● TASK ITEM:
A word-for-word transcription of every record is needed.

[Collected data entries]
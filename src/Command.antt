-- ===== src/Command.antt =====
-- src/etdc_etdserver.cc: the commands of the line protocol: the line that each request of ETDProxy
-- sends, and the regular expressions of ETDServerWrapper::handle, which take it apart again.
pub mod Parts
pub mod Numbers
mod Addresses
mod Matches
pub mod RoundTrip
mod Tests
use etransfer.Common.{
  ℕ, zero, suc, ◌^◌, Bool, true, false, List, [], ◌∷◌, ◌++◌, Option, none, some, Bytes, codes,
  bytes_eq, not, ◌&&◌, ◌||◌, ltb, ◌==◌, if◌then◌else◌,
}
use etransfer.Common.Int.{ℤ, pos, negsuc}
use etransfer.Text.{is_space, is_digit, take_while, drop_while}
use etransfer.OpenMode.{OpenMode, print_mode, parse_mode}
use etransfer.DevZero.{stoull}
use etransfer.Exchange.{print_ℕ}
use etransfer.Proxy.{all_bytes, strip_prefix_ci, is_word, is_number, off_of}

-- What a line asks for. The addresses of send_file are the text between commas.
pub data Command : Type 0 where
  list_path : Bytes → Command
  write_file : OpenMode → Bytes → Command
  read_file : ℤ → Bytes → Command
  send_file : Bytes → Bytes → ℤ → List Bytes → Command
  data_channel_addr : Command
  remove_uuid : Bytes → Command

-- operator<< of an off_t
unfoldable pub print_ℤ : ℤ → Bytes
unfolding print_ℕ
print_ℤ (pos n) = print_ℕ n
print_ℤ (negsuc n) = b'-' ∷ print_ℕ (suc n)

-- `((p!=begin) ? "," : "") << *p` for each
unfoldable pub join_commas : List Bytes → Bytes
join_commas [] = []
join_commas (a ∷ []) = a
join_commas (a ∷ b ∷ rest) = a ++ b',' ∷ join_commas (b ∷ rest)

-- The line that a request of ETDProxy sends, without its newline.
unfoldable pub print_command : Command → Bytes
unfolding print_ℤ join_commas print_mode
print_command (list_path path) = codes "list " ++ path
print_command (write_file mode path) = codes "write-file-" ++ (print_mode mode ++ b' ' ∷ path)
print_command (read_file have path) = codes "read-file " ++ (print_ℤ have ++ b' ' ∷ path)
print_command (send_file u v todo addrs) =
    codes "send-file " ++ (u ++ b' ' ∷ (v ++ b' ' ∷ (print_ℤ todo ++ b' ' ∷ join_commas addrs)))
print_command data_channel_addr = codes "data-channel-addr"
print_command (remove_uuid u) = codes "remove-uuid " ++ u

-- "\s+": what stands behind the spaces, if there is one at least.
unfoldable pub after_spaces : Bytes → Option Bytes
unfolding is_space
after_spaces [] = none
after_spaces (c ∷ s) = if is_space c then some (drop_while is_space s) else none

-- A byte that a dot fits, which is no end of a line.
unfoldable pub is_dot : ℕ → Bool
is_dot c = not ((c == 10) || (c == 13))

-- "\s+(\S.*)$"
unfoldable pub rest_path : Bytes → Option Bytes
unfolding after_spaces is_dot all_bytes
rest_path s = elim (after_spaces s) [
  | none ↦ none
  | some r ↦ elim r [
    | [] ↦ none
    | c ∷ path ↦ if all_bytes is_dot path then some (c ∷ path) else none
  ]
]

-- "(\S+)" and "([0-9]+)", and what stands behind.
unfoldable pub next_field : (ℕ → Bool) → Bytes → Option (Bytes × Bytes)
next_field p s = elim (take_while p s) [ [] ↦ none | c ∷ word ↦ some (c ∷ word, drop_while p s) ]

abbrev pub not_space : ℕ → Bool
not_space c = not (is_space c)

-- Such a field behind "\s+".
unfoldable pub spaced_field : (ℕ → Bool) → Bytes → Option (Bytes × Bytes)
unfolding after_spaces next_field
spaced_field p s = elim (after_spaces s) [ none ↦ none | some r ↦ next_field p r ]

-- The matches of data_sep, "[^,]+".
unfoldable pub split_commas : Bytes → Bytes → List Bytes
split_commas [] [] = []
split_commas (c ∷ word) [] = (c ∷ word) ∷ []
split_commas word (c ∷ s) =
    let joined = split_commas (word ++ c ∷ []) s in
    let rest = split_commas [] s in
    if c == b',' then elim word [ [] ↦ rest | w ∷ ws ↦ (w ∷ ws) ∷ rest ] else joined

-- The groups of a match, as texts: a field that is a number is not read yet.
pub data Fields : Type 0 where
  of_list : Bytes → Fields
  of_write of_read : Bytes → Bytes → Fields
  of_send : Bytes → Bytes → Bytes → Bytes → Fields
  of_addr : Fields
  of_remove : Bytes → Fields

-- rxList, rxReqFileWrite, rxReqFileRead, rxSendFile, rxRemoveUUID behind the words that they start with.
unfoldable pub match_list : Bytes → Option Fields
unfolding rest_path
match_list s = elim (rest_path s) [ none ↦ none | some path ↦ some (of_list path) ]

unfoldable pub match_write : Bytes → Option Fields
unfolding next_field rest_path
match_write s = elim (next_field not_space s) [
  | none ↦ none
  | some (mode, r) ↦ elim (rest_path r) [ none ↦ none | some path ↦ some (of_write mode path) ]
]

unfoldable pub match_read : Bytes → Option Fields
unfolding spaced_field rest_path
match_read s = elim (spaced_field is_digit s) [
  | none ↦ none
  | some (have, r) ↦ elim (rest_path r) [ none ↦ none | some path ↦ some (of_read have path) ]
]

unfoldable pub match_send : Bytes → Option Fields
unfolding spaced_field
match_send s = elim (spaced_field not_space s) [
  | none ↦ none
  | some (u, r) ↦ elim (spaced_field not_space r) [
    | none ↦ none
    | some (v, r') ↦ elim (spaced_field is_digit r') [
      | none ↦ none
      | some (todo, r'') ↦ elim (spaced_field not_space r'') [
        | none ↦ none
        | some (addrs, end) ↦ if bytes_eq end [] then some (of_send u v todo addrs) else none
      ]
    ]
  ]
]

unfoldable pub match_remove : Bytes → Option Fields
unfolding after_spaces is_word
match_remove s = elim (after_spaces s) [
  | none ↦ none
  | some u ↦ if is_word u then some (of_remove u) else none
]

-- The chain of regex_match: the first that fits. Each expression starts with a word of its own.
unfoldable pub first_of : List (Bytes × (Bytes → Option Fields)) → Bytes → Option Fields
unfolding strip_prefix_ci
first_of [] line = none
first_of ((word, match) ∷ rest) line =
    let others = first_of rest line in
    elim (strip_prefix_ci word line) [
      | none ↦ others
      | some s ↦ elim (match s) [ none ↦ others | some f ↦ some f ]
    ]

unfoldable pub match_end : Bytes → Option Fields
match_end [] = some of_addr
match_end (c ∷ s) = none

unfoldable pub match_command : Bytes → Option Fields
unfolding first_of match_list match_write match_read match_send match_end match_remove
match_command = first_of (
    (codes "list", match_list)
    ∷ (codes "write-file-", match_write)
    ∷ (codes "read-file", match_read)
    ∷ (codes "send-file", match_send)
    ∷ (codes "data-channel-addr", match_end)
    ∷ (codes "remove-uuid", match_remove)
    ∷ [])

-- The request that the groups stand for; `none` if a number is out of the range of off_t, where
-- string2off_t throws.
unfoldable pub request_of : Fields → Option Command
unfolding parse_mode off_of split_commas
request_of (of_list path) = some (list_path path)
request_of (of_write mode path) = some (write_file (parse_mode mode) path)
request_of (of_read have path) = elim (off_of have) [
  | none ↦ none
  | some n ↦ some (read_file n path)
]
request_of (of_send u v todo addrs) = elim (off_of todo) [
  | none ↦ none
  | some n ↦ some (send_file u v n (split_commas [] addrs))
]
request_of of_addr = some data_channel_addr
request_of (of_remove u) = some (remove_uuid u)

-- A line as ETDServerWrapper::handle understands it: `none` if no expression fits, and the request, or
-- the failure of string2off_t.
unfoldable pub parse_command : Bytes → Option (Option Command)
unfolding match_command request_of
parse_command line = elim (match_command line) [ none ↦ none | some f ↦ some (request_of f) ]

● SOLUTION TO THIS EXERCISE:
filename src/Command.antt
-- ===== src/Command.antt =====
-- src/etdc_etdserver.cc: the commands of the line protocol: the line that each request of ETDProxy
-- sends, and the regular expressions of ETDServerWrapper::handle, which take it apart again.
pub mod Parts
pub mod Numbers
mod Addresses
mod Matches
pub mod RoundTrip
mod Tests
use etransfer.Common.{
  ℕ, zero, suc, ◌^◌, Bool, true, false, List, [], ◌∷◌, ◌++◌, Option, none, some, Bytes, codes,
  bytes_eq, not, ◌&&◌, ◌||◌, ltb, ◌==◌, if◌then◌else◌,
}
use etransfer.Common.Int.{ℤ, pos, negsuc}
use etransfer.Text.{is_space, is_digit, take_while, drop_while}
use etransfer.OpenMode.{OpenMode, print_mode, parse_mode}
use etransfer.DevZero.{stoull}
use etransfer.Exchange.{print_ℕ}
use etransfer.Proxy.{all_bytes, strip_prefix_ci, is_word, is_number, off_of}

-- What a line asks for. The addresses of send_file are the text between commas.
pub data Command : Type 0 where
  list_path : Bytes → Command
  write_file : OpenMode → Bytes → Command
  read_file : ℤ → Bytes → Command
  send_file : Bytes → Bytes → ℤ → List Bytes → Command
  data_channel_addr : Command
  remove_uuid : Bytes → Command

-- operator<< of an off_t
unfoldable pub print_ℤ : ℤ → Bytes
unfolding print_ℕ
print_ℤ (pos n) = print_ℕ n
print_ℤ (negsuc n) = b'-' ∷ print_ℕ (suc n)

-- `((p!=begin) ? "," : "") << *p` for each
unfoldable pub join_commas : List Bytes → Bytes
join_commas [] = []
join_commas (a ∷ []) = a
join_commas (a ∷ b ∷ rest) = a ++ b',' ∷ join_commas (b ∷ rest)

-- The line that a request of ETDProxy sends, without its newline.
unfoldable pub print_command : Command → Bytes
unfolding print_ℤ join_commas print_mode
print_command (list_path path) = codes "list " ++ path
print_command (write_file mode path) = codes "write-file-" ++ (print_mode mode ++ b' ' ∷ path)
print_command (read_file have path) = codes "read-file " ++ (print_ℤ have ++ b' ' ∷ path)
print_command (send_file u v todo addrs) =
    codes "send-file " ++ (u ++ b' ' ∷ (v ++ b' ' ∷ (print_ℤ todo ++ b' ' ∷ join_commas addrs)))
print_command data_channel_addr = codes "data-channel-addr"
print_command (remove_uuid u) = codes "remove-uuid " ++ u

-- "\s+": what stands behind the spaces, if there is one at least.
unfoldable pub after_spaces : Bytes → Option Bytes
unfolding is_space
after_spaces [] = none
after_spaces (c ∷ s) = if is_space c then some (drop_while is_space s) else none

-- A byte that a dot fits, which is no end of a line.
unfoldable pub is_dot : ℕ → Bool
is_dot c = not ((c == 10) || (c == 13))

-- "\s+(\S.*)$"
unfoldable pub rest_path : Bytes → Option Bytes
unfolding after_spaces is_dot all_bytes
rest_path s = elim (after_spaces s) [
  | none ↦ none
  | some r ↦ elim r [
    | [] ↦ none
    | c ∷ path ↦ if all_bytes is_dot path then some (c ∷ path) else none
  ]
]

-- "(\S+)" and "([0-9]+)", and what stands behind.
unfoldable pub next_field : (ℕ → Bool) → Bytes → Option (Bytes × Bytes)
next_field p s = elim (take_while p s) [ [] ↦ none | c ∷ word ↦ some (c ∷ word, drop_while p s) ]

abbrev pub not_space : ℕ → Bool
not_space c = not (is_space c)

-- Such a field behind "\s+".
unfoldable pub spaced_field : (ℕ → Bool) → Bytes → Option (Bytes × Bytes)
unfolding after_spaces next_field
spaced_field p s = elim (after_spaces s) [ none ↦ none | some r ↦ next_field p r ]

-- The matches of data_sep, "[^,]+".
unfoldable pub split_commas : Bytes → Bytes → List Bytes
split_commas [] [] = []
split_commas (c ∷ word) [] = (c ∷ word) ∷ []
split_commas word (c ∷ s) =
    let joined = split_commas (word ++ c ∷ []) s in
    let rest = split_commas [] s in
    if c == b',' then elim word [ [] ↦ rest | w ∷ ws ↦ (w ∷ ws) ∷ rest ] else joined

-- The groups of a match, as texts: a field that is a number is not read yet.
pub data Fields : Type 0 where
  of_list : Bytes → Fields
  of_write of_read : Bytes → Bytes → Fields
  of_send : Bytes → Bytes → Bytes → Bytes → Fields
  of_addr : Fields
  of_remove : Bytes → Fields

-- rxList, rxReqFileWrite, rxReqFileRead, rxSendFile, rxRemoveUUID behind the words that they start with.
unfoldable pub match_list : Bytes → Option Fields
unfolding rest_path
match_list s = elim (rest_path s) [ none ↦ none | some path ↦ some (of_list path) ]

unfoldable pub match_write : Bytes → Option Fields
unfolding next_field rest_path
match_write s = elim (next_field not_space s) [
  | none ↦ none
  | some (mode, r) ↦ elim (rest_path r) [ none ↦ none | some path ↦ some (of_write mode path) ]
]

unfoldable pub match_read : Bytes → Option Fields
unfolding spaced_field rest_path
match_read s = elim (spaced_field is_digit s) [
  | none ↦ none
  | some (have, r) ↦ elim (rest_path r) [ none ↦ none | some path ↦ some (of_read have path) ]
]

unfoldable pub match_send : Bytes → Option Fields
unfolding spaced_field
match_send s = elim (spaced_field not_space s) [
  | none ↦ none
  | some (u, r) ↦ elim (spaced_field not_space r) [
    | none ↦ none
    | some (v, r') ↦ elim (spaced_field is_digit r') [
      | none ↦ none
      | some (todo, r'') ↦ elim (spaced_field not_space r'') [
        | none ↦ none
        | some (addrs, end) ↦ if bytes_eq end [] then some (of_send u v todo addrs) else none
      ]
    ]
  ]
]

unfoldable pub match_remove : Bytes → Option Fields
unfolding after_spaces is_word
match_remove s = elim (after_spaces s) [
  | none ↦ none
  | some u ↦ if is_word u then some (of_remove u) else none
]

-- The chain of regex_match: the first that fits. Each expression starts with a word of its own.
unfoldable pub first_of : List (Bytes × (Bytes → Option Fields)) → Bytes → Option Fields
unfolding strip_prefix_ci
first_of [] line = none
first_of ((word, match) ∷ rest) line =
    let others = first_of rest line in
    elim (strip_prefix_ci word line) [
      | none ↦ others
      | some s ↦ elim (match s) [ none ↦ others | some f ↦ some f ]
    ]

unfoldable pub match_end : Bytes → Option Fields
match_end [] = some of_addr
match_end (c ∷ s) = none

unfoldable pub match_command : Bytes → Option Fields
unfolding first_of match_list match_write match_read match_send match_end match_remove
match_command = first_of (
    (codes "list", match_list)
    ∷ (codes "write-file-", match_write)
    ∷ (codes "read-file", match_read)
    ∷ (codes "send-file", match_send)
    ∷ (codes "data-channel-addr", match_end)
    ∷ (codes "remove-uuid", match_remove)
    ∷ [])

-- The request that the groups stand for; `none` if a number is out of the range of off_t, where
-- string2off_t throws.
unfoldable pub request_of : Fields → Option Command
unfolding parse_mode off_of split_commas
request_of (of_list path) = some (list_path path)
request_of (of_write mode path) = some (write_file (parse_mode mode) path)
request_of (of_read have path) = elim (off_of have) [
  | none ↦ none
  | some n ↦ some (read_file n path)
]
request_of (of_send u v todo addrs) = elim (off_of todo) [
  | none ↦ none
  | some n ↦ some (send_file u v n (split_commas [] addrs))
]
request_of of_addr = some data_channel_addr
request_of (of_remove u) = some (remove_uuid u)

-- A line as ETDServerWrapper::handle understands it: `none` if no expression fits, and the request, or
-- the failure of string2off_t.
unfoldable pub parse_command : Bytes → Option (Option Command)
unfolding match_command request_of
parse_command line = elim (match_command line) [ none ↦ none | some f ↦ some (request_of f) ]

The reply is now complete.